» **GIVEN RECORDS**
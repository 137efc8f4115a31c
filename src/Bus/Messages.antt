-- ===== src/Bus/Messages.antt =====
-- crates/common-msgbus/src/lib.rs: messages and errors.
use lokan_os.Prelude.{ℕ, Option, none, some, List}
use lokan_os.Prelude.Text.{Text}
use lokan_os.Prelude.Result.{Result, err}

pub record BusMessage : Type 0 where
  pub subject : Text
  pub payload : List ℕ
  pub reply : Option Text

pub data MsgBusError : Type 0 where
  connection : Text → MsgBusError
  publish : Text → MsgBusError
  subscribe : Text → MsgBusError
  request : Text → MsgBusError
  request_timeout : ℕ → MsgBusError
  missing_reply_subject : MsgBusError
  unknown_reply_subject : Text → MsgBusError

-- What a bus does with a response: MessageBus::respond.
abbrev Responder : Type 0 → Type 0
Responder Bus = Bus → Text → List ℕ → Bus × Result MsgBusError (Unit {0})

respond_to :
    {Bus : Type 0}
    → Responder Bus
    → Bus
    → Option Text
    → List ℕ
    → Bus × Result MsgBusError (Unit {0})
respond_to answer bus (some reply) payload = answer bus reply payload
respond_to answer bus none payload = (bus, err missing_reply_subject)

-- BusMessage::respond
unfoldable pub respond :
    {Bus : Type 0} → Responder Bus → BusMessage → Bus → List ℕ → Bus × Result MsgBusError (Unit {0})
unfolding respond_to
respond answer message bus payload = respond_to answer bus message.reply payload
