-- ===== src/Bus/Maps.antt =====
-- What is in a `DashMap` after a change.
use lokan_os.Prelude.{◌≡◌, ◌≢◌, none, some, arith, ◌⊎◌, inl, inr, Bool-cases}
use lokan_os.Prelude.Text.{Text, codes_eq}
use lokan_os.Prelude.Keys.{codes_eq_iff}
use lokan_os.Bus.Tokio.{DashMap}

module _ {V : Type 0} (maps : DashMap V) where
  pub get-insert_cases :
      (m : maps.Map) (k : Text) (v : V) (j : Text) (w : V)
      → maps.get (maps.insert m k v) j ≡ some w
      → ((k ≡ j) × (w ≡ v)) ⊎ ((k ≢ j) × (maps.get m j ≡ some w))
  get-insert_cases m k v j w h = elim (Bool-cases (codes_eq k j)) [
    | inl same ↦ inl ((codes_eq_iff k j).0 same, ground (arith, maps.get-insert m k v j))
    | inr other ↦ inr (ground (arith, codes_eq_iff k j), ground (arith, maps.get-insert m k v j))
  ]

  pub get-remove_cases :
      (m : maps.Map) (k j : Text) (w : V)
      → maps.get (maps.remove m k) j ≡ some w
      → (k ≢ j) × (maps.get m j ≡ some w)
  get-remove_cases m k j w h = elim (Bool-cases (codes_eq k j)) [
    | inl same ↦ absurd (ground (arith, maps.get-remove m k j))
    | inr other ↦ (ground (arith, codes_eq_iff k j), ground (arith, maps.get-remove m k j))
  ]

  pub get-insert_other :
      (m : maps.Map) (k : Text) (v : V) (j : Text)
      → k ≢ j
      → maps.get (maps.insert m k v) j ≡ maps.get m j
  get-insert_other m k v j h = ground (arith, maps.get-insert m k v j, codes_eq_iff k j)

  pub get-remove_other :
      (m : maps.Map) (k j : Text) → k ≢ j → maps.get (maps.remove m k) j ≡ maps.get m j
  get-remove_other m k j h = ground (arith, maps.get-remove m k j, codes_eq_iff k j)

  pub get-insert_self : (m : maps.Map) (k : Text) (v : V) → maps.get (maps.insert m k v) k ≡ some v
  get-insert_self m k v = ground (arith, maps.get-insert m k v k, codes_eq_iff k k)

  pub get-remove_self : (m : maps.Map) (k : Text) → maps.get (maps.remove m k) k ≡ none
  get-remove_self m k = ground (arith, maps.get-remove m k k, codes_eq_iff k k)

» **TASK BRIEF**
Nothing in the material above may be skipped, so reproduce it all exactly.

» **SOLUTION TO THIS TASK**
repository 137efc8f4115a31c
filename src/Bus/Messages.antt
-- ===== src/Bus/Messages.antt =====
-- crates/common-msgbus/src/lib.rs: messages and errors.
use lokan_os.Prelude.{ℕ, Option, none, some, List}
use lokan_os.Prelude.Text.{Text}
use lokan_os.Prelude.Result.{Result, err}

pub record BusMessage : Type 0 where
  pub subject : Text
  pub payload : List ℕ
  pub reply : Option Text

pub data MsgBusError : Type 0 where
  connection : Text → MsgBusError
  publish : Text → MsgBusError
  subscribe : Text → MsgBusError
  request : Text → MsgBusError
  request_timeout : ℕ → MsgBusError
  missing_reply_subject : MsgBusError
  unknown_reply_subject : Text → MsgBusError

-- What a bus does with a response: MessageBus::respond.
abbrev Responder : Type 0 → Type 0
Responder Bus = Bus → Text → List ℕ → Bus × Result MsgBusError (Unit {0})

respond_to :
    {Bus : Type 0}
    → Responder Bus
    → Bus
    → Option Text
    → List ℕ
    → Bus × Result MsgBusError (Unit {0})
respond_to answer bus (some reply) payload = answer bus reply payload
respond_to answer bus none payload = (bus, err missing_reply_subject)

-- BusMessage::respond
unfoldable pub respond :
    {Bus : Type 0} → Responder Bus → BusMessage → Bus → List ℕ → Bus × Result MsgBusError (Unit {0})
unfolding respond_to
respond answer message bus payload = respond_to answer bus message.reply payload
-- ===== src/Bus/Maps.antt =====
-- What is in a `DashMap` after a change.
use lokan_os.Prelude.{◌≡◌, ◌≢◌, none, some, arith, ◌⊎◌, inl, inr, Bool-cases}
use lokan_os.Prelude.Text.{Text, codes_eq}
use lokan_os.Prelude.Keys.{codes_eq_iff}
use lokan_os.Bus.Tokio.{DashMap}

module _ {V : Type 0} (maps : DashMap V) where
  pub get-insert_cases :
      (m : maps.Map) (k : Text) (v : V) (j : Text) (w : V)
      → maps.get (maps.insert m k v) j ≡ some w
      → ((k ≡ j) × (w ≡ v)) ⊎ ((k ≢ j) × (maps.get m j ≡ some w))
  get-insert_cases m k v j w h = elim (Bool-cases (codes_eq k j)) [
    | inl same ↦ inl ((codes_eq_iff k j).0 same, ground (arith, maps.get-insert m k v j))
    | inr other ↦ inr (ground (arith, codes_eq_iff k j), ground (arith, maps.get-insert m k v j))
  ]

  pub get-remove_cases :
      (m : maps.Map) (k j : Text) (w : V)
      → maps.get (maps.remove m k) j ≡ some w
      → (k ≢ j) × (maps.get m j ≡ some w)
  get-remove_cases m k j w h = elim (Bool-cases (codes_eq k j)) [
    | inl same ↦ absurd (ground (arith, maps.get-remove m k j))
    | inr other ↦ (ground (arith, codes_eq_iff k j), ground (arith, maps.get-remove m k j))
  ]

  pub get-insert_other :
      (m : maps.Map) (k : Text) (v : V) (j : Text)
      → k ≢ j
      → maps.get (maps.insert m k v) j ≡ maps.get m j
  get-insert_other m k v j h = ground (arith, maps.get-insert m k v j, codes_eq_iff k j)

  pub get-remove_other :
      (m : maps.Map) (k j : Text) → k ≢ j → maps.get (maps.remove m k) j ≡ maps.get m j
  get-remove_other m k j h = ground (arith, maps.get-remove m k j, codes_eq_iff k j)

  pub get-insert_self : (m : maps.Map) (k : Text) (v : V) → maps.get (maps.insert m k v) k ≡ some v
  get-insert_self m k v = ground (arith, maps.get-insert m k v k, codes_eq_iff k k)

  pub get-remove_self : (m : maps.Map) (k : Text) → maps.get (maps.remove m k) k ≡ none
  get-remove_self m k = ground (arith, maps.get-remove m k k, codes_eq_iff k k)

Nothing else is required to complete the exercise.